## What the exercise asks
In the entries that follow, the first line to write out is the one containing "-- ===== src/DockerPool/Tests.antt", and the last is the one containing "abbrev parts : List Reuse.Part". Reproduce that stretch exactly, with nothing before or after it.

·····

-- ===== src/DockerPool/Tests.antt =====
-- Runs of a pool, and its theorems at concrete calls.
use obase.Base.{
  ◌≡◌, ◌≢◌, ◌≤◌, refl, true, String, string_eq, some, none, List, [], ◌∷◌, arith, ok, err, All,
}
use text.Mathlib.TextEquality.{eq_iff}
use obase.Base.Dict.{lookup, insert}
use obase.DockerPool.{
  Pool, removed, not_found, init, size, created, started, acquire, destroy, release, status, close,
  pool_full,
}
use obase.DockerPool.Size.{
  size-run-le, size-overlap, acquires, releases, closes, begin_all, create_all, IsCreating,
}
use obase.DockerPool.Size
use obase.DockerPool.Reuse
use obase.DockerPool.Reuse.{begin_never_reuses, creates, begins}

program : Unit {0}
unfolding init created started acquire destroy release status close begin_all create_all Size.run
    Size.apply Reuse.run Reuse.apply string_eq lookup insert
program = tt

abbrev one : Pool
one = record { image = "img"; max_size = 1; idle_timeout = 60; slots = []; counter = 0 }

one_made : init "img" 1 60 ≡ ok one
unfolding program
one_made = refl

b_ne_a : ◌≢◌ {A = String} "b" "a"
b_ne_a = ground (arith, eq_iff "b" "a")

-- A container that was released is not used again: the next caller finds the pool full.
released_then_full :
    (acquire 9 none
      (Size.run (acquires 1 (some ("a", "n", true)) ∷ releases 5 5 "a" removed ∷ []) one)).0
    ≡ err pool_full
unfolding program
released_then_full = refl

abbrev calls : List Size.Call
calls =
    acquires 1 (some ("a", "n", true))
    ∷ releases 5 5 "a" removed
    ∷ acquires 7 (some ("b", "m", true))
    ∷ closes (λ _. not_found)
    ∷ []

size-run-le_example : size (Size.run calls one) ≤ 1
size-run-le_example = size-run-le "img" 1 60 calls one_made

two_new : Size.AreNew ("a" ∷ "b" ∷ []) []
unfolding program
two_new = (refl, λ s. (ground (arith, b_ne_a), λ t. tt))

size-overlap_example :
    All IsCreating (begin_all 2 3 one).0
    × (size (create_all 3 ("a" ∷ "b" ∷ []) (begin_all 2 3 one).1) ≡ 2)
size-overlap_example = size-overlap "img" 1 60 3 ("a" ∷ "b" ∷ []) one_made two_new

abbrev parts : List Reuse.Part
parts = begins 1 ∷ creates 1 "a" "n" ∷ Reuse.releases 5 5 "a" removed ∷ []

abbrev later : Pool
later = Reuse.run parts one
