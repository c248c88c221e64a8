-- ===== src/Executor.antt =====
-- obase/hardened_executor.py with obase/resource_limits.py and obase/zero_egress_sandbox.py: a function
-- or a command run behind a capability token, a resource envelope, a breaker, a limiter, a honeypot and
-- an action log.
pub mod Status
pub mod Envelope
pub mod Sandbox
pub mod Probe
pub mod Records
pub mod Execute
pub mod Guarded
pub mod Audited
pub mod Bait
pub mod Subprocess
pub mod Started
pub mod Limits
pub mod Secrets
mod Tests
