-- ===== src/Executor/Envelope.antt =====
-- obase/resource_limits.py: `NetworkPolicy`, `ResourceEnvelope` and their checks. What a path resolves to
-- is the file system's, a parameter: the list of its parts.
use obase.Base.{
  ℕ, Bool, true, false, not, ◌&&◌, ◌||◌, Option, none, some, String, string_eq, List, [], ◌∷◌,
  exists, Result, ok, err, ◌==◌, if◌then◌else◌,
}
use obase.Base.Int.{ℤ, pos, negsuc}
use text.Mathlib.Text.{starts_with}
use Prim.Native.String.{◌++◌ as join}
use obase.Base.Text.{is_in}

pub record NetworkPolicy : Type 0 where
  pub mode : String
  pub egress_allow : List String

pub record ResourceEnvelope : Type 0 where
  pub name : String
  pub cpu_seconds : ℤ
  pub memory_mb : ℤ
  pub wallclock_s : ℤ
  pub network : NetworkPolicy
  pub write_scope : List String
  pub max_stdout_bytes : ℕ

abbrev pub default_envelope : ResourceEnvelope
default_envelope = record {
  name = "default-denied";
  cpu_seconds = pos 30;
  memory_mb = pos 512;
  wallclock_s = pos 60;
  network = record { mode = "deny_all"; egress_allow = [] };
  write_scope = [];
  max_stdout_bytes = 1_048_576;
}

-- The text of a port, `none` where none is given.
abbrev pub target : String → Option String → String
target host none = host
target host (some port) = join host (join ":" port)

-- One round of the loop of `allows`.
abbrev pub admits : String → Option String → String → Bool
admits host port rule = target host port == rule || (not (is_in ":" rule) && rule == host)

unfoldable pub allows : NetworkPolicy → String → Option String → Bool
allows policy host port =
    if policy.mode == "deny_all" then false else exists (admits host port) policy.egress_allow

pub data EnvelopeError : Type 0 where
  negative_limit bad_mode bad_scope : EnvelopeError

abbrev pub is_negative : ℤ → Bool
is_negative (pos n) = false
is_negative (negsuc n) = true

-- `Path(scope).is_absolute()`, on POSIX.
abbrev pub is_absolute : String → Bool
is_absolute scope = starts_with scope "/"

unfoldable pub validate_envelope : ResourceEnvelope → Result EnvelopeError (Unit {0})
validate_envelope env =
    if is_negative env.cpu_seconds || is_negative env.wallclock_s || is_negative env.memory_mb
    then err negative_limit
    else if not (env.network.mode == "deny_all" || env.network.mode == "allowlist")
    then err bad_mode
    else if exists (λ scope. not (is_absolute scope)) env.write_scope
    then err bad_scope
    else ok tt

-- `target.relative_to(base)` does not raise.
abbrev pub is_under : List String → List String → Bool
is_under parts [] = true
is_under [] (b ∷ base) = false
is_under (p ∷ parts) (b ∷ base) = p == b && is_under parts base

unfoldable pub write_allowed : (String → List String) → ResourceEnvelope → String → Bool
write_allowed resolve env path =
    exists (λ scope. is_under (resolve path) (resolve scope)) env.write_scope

·····

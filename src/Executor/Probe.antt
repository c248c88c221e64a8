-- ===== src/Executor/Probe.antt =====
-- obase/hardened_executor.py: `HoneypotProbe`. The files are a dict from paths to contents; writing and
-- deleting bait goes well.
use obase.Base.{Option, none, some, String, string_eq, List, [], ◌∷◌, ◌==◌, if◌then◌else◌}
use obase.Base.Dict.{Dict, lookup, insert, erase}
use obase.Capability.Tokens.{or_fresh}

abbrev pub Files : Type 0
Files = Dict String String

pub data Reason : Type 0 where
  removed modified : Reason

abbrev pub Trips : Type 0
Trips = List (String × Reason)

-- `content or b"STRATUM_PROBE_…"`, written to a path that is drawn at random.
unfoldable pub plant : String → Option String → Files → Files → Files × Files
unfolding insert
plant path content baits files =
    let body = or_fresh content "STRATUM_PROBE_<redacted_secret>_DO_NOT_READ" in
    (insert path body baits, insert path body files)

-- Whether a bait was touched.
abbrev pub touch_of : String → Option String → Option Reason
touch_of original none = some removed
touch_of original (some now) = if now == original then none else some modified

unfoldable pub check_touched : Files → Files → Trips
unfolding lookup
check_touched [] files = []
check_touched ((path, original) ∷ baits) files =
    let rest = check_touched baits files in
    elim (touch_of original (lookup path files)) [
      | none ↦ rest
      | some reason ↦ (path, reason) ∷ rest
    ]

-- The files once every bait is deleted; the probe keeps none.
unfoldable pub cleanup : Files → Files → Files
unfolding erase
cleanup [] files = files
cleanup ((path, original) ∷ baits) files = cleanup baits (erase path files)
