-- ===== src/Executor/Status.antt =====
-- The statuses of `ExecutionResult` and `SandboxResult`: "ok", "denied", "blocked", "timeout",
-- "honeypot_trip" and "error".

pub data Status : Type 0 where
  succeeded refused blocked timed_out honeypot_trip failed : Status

·····

## Task response
-- ===== src/DockerPool/Tests.antt =====
-- Runs of a pool, and its theorems at concrete calls.
use obase.Base.{
  ◌≡◌, ◌≢◌, ◌≤◌, refl, true, String, string_eq, some, none, List, [], ◌∷◌, arith, ok, err, All,
}
use text.Mathlib.TextEquality.{eq_iff}
use obase.Base.Dict.{lookup, insert}
use obase.DockerPool.{
  Pool, removed, not_found, init, size, created, started, acquire, destroy, release, status, close,
  pool_full,
}
use obase.DockerPool.Size.{
  size-run-le, size-overlap, acquires, releases, closes, begin_all, create_all, IsCreating,
}
use obase.DockerPool.Size
use obase.DockerPool.Reuse
use obase.DockerPool.Reuse.{begin_never_reuses, creates, begins}

program : Unit {0}
unfolding init created started acquire destroy release status close begin_all create_all Size.run
    Size.apply Reuse.run Reuse.apply string_eq lookup insert
program = tt

abbrev one : Pool
one = record { image = "img"; max_size = 1; idle_timeout = 60; slots = []; counter = 0 }

one_made : init "img" 1 60 ≡ ok one
unfolding program
one_made = refl

b_ne_a : ◌≢◌ {A = String} "b" "a"
b_ne_a = ground (arith, eq_iff "b" "a")

-- A container that was released is not used again: the next caller finds the pool full.
released_then_full :
    (acquire 9 none
      (Size.run (acquires 1 (some ("a", "n", true)) ∷ releases 5 5 "a" removed ∷ []) one)).0
    ≡ err pool_full
unfolding program
released_then_full = refl

abbrev calls : List Size.Call
calls =
    acquires 1 (some ("a", "n", true))
    ∷ releases 5 5 "a" removed
    ∷ acquires 7 (some ("b", "m", true))
    ∷ closes (λ _. not_found)
    ∷ []

size-run-le_example : size (Size.run calls one) ≤ 1
size-run-le_example = size-run-le "img" 1 60 calls one_made

two_new : Size.AreNew ("a" ∷ "b" ∷ []) []
unfolding program
two_new = (refl, λ s. (ground (arith, b_ne_a), λ t. tt))

size-overlap_example :
    All IsCreating (begin_all 2 3 one).0
    × (size (create_all 3 ("a" ∷ "b" ∷ []) (begin_all 2 3 one).1) ≡ 2)
size-overlap_example = size-overlap "img" 1 60 3 ("a" ∷ "b" ∷ []) one_made two_new

abbrev parts : List Reuse.Part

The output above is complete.